En 1938, année de ma naissance, la France comptait 33 500 passages à niveau. Mon papa, amoureux de la voiture, nous emmenait tous les dimanches sur les routes, et je me souviens de quelques passages à niveau que je redoutais beaucoup, car j’avais compris que papa passait quand il n’avait pas vu arriver ou entendu le signal de la locomotive et j’avais peur de la locomotive. De nos jours il existe encore 15 405 passages à niveau mais si bien automatisés que les accidents sont rarissimes mais plus dangereux car les trains vont beaucoup plus vite, les voitures aussi d’ailleurs.
Voici un accident à la vitesse de 15 km/h et un mur qui cache le passage à niveau !!!

Le Petit Anjou prend une auto militaire en écharpe – Deux blessés

Le Phare de la Loire, 30 juillet 1932 – Saumur, de notre correspondant particulier :
Décidément, les accidents de passages à niveau non gardés, sur les lignes du « Petit-Anjou » se renouvellent avec une fréquence extraordinaire.

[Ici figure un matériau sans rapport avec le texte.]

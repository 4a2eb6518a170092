-- ===== src/Prelude/Maps.antt =====
-- `HashMap<u64, u64>` as an association list: `insert` replaces, so a key stands there once.
use Prim.Native.Nat.{ℕ}
use mathlib.Core.Path.{◌≡◌, refl}
use mathlib.Core.Option.{Option, none, some}
use mathlib.Core.List.{List, [], ◌∷◌}
use native.Mathlib.Omega.{arith}
use raft_vibe.Prelude.Tests.{◌==◌, if◌then◌else◌}

abbrev pub Assoc : Type 0
Assoc = List (ℕ × ℕ)

unfoldable pub lookup : Assoc → ℕ → Option ℕ
lookup [] k = none
lookup ((j, v) ∷ m) k = if j == k then some v else lookup m k

unfoldable pub insert : Assoc → ℕ → ℕ → Assoc
insert [] k v = (k, v) ∷ []
insert ((j, w) ∷ m) k v = if j == k then (k, v) ∷ m else (j, w) ∷ insert m k v

-- `.get(&k).copied().unwrap_or(d)`
unfoldable pub lookup_or : Assoc → ℕ → ℕ → ℕ
lookup_or m k d = elim (lookup m k) [ none ↦ d | some v ↦ v ]

pub lookup-insert :
    (m : Assoc) (k v j : ℕ) → lookup (insert m k v) j ≡ (if k == j then some v else lookup m j)
unfolding lookup insert
lookup-insert [] k v j = refl
lookup-insert ((i, w) ∷ m) k v j = ground (arith, lookup-insert m k v j)

pub lookup_or-insert :
    (m : Assoc) (k v j d : ℕ)
    → lookup_or (insert m k v) j d ≡ (if k == j then v else lookup_or m j d)
unfolding lookup_or
lookup_or-insert m k v j d = ground (arith, lookup-insert m k v j)
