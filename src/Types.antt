-- ===== src/Types.antt =====
-- Data of src/core/raft_core.rs and src/core/snapshot.rs.
use raft_vibe.Prelude.{ℕ, String, Bool, Option, List, Result}

pub data RaftState : Type 0 where
  follower candidate leader : RaftState

pub record LogEntry : Type 0 where
  pub term : ℕ
  pub index : ℕ
  pub command : String

pub record RequestVoteArgs : Type 0 where
  pub term : ℕ
  pub candidate_id : ℕ
  pub last_log_index : ℕ
  pub last_log_term : ℕ

pub record RequestVoteResult : Type 0 where
  pub term : ℕ
  pub vote_granted : Bool

pub record AppendEntriesArgs : Type 0 where
  pub term : ℕ
  pub leader_id : ℕ
  pub prev_log_index : ℕ
  pub prev_log_term : ℕ
  pub entries : List LogEntry
  pub leader_commit : ℕ

pub record AppendEntriesResult : Type 0 where
  pub term : ℕ
  pub success : Bool
  pub conflict_term : Option ℕ
  pub conflict_index : Option ℕ

pub record HandleAppendEntriesOutput : Type 0 where
  pub result : AppendEntriesResult
  pub leader_id : Option ℕ

-- `Vec<u8>`
abbrev pub Bytes : Type 0
Bytes = List ℕ

pub record InstallSnapshotArgs : Type 0 where
  pub term : ℕ
  pub leader_id : ℕ
  pub last_included_index : ℕ
  pub last_included_term : ℕ
  pub data_bytes : Bytes

-- The `enum StorageError`.
pub data StorageError : Type 0 where
  io corruption : String → StorageError
  not_initialized : StorageError

-- The formatted `reason` of a failed installation: its format, with the arguments.
pub data Reason : Type 0 where
  stale_term : Reason
  snapshot_too_old : ℕ → ℕ → Reason
  save_failed : StorageError → Reason

pub data InstallSnapshotResult : Type 0 where
  success : (term : ℕ) → InstallSnapshotResult
  failed : (term : ℕ) → Reason → InstallSnapshotResult

pub record SnapshotMetadata : Type 0 where
  pub last_included_index : ℕ
  pub last_included_term : ℕ

pub record Snapshot : Type 0 where
  pub metadata : SnapshotMetadata
  pub data_bytes : Bytes

-- `Result<String, String>`
abbrev pub ApplyResult : Type 0
ApplyResult = Result String String

abbrev pub noop_command : String
noop_command = "NOOP"
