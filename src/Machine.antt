-- ===== src/Machine.antt =====
-- The traits of src/state_machine/traits.rs.
pub mod Dict
pub mod Kv
use raft_vibe.Prelude.{String, Result}
use raft_vibe.Types.{ApplyResult, Bytes}

-- `trait StateMachine` and `trait Snapshotable: StateMachine`.
pub record Machine (M : Type 0) : Type 0 where
  pub validate : M → String → Result String (Unit {0})
  pub apply : M → String → ApplyResult × M
  pub snapshot : M → Result String Bytes
  pub restore : M → Bytes → Result String (Unit {0}) × M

Hier matin, à 9 h 45, au P.N. de Munet, sur la ligne Cholet-Saumur, un nouvel accident s’est produit.
Cette fois, le train quittant Cholet à 5 h 55, a pris une automobile militaire – une maquette – en écharpe. Les deux occupants, MM. James et Auzanne ont été blessés. Ils ont reçu les soins du médecin capitaine Brousse qui les a fait évacuer sur l’hôpital militaire.
Les blessures ne paraissent pas graves.
Le convoi était formé de deux wagons chargés de gravier, d’un wagon marchandises, de 2 wagons de voyageurs n°s 118 et A.B.B. 76 et d’un fourgon à bagages. Il était conduit par M. Louis Guillocheau, mécanicien à la Compagie du « Petit-Anjou », demeurant à Beaupréau.
M. Guillocheau avait ralenti pour aborder la halte de Munet et d’après ses explications, sa vitesse était de 15 à 20 kilomètres. Il avait fait fonctionner son appareil avertisseur et n’avait pas aperçu l’auto.
L’automobile militaire qui venait de la direction d’Artannes, une voiture d’instruction pour la conduite des autos blindées, fut happée par son milieu, défoncée et trainée sur une assez forte distance puisque, du point de rencontre à la tête de la locomotive arrêtée, on compte 20,80 m.
Sur les lieux, M. Le Tessier, ingénieur du contrôle, a procédé à son enquête, de même que les gendarmes de Saumur.
Cet accident a causé une certaine perturbation dans le trafic.
Nous devons signaler que ce passage est très dangereux, la voie était masquée par un mur.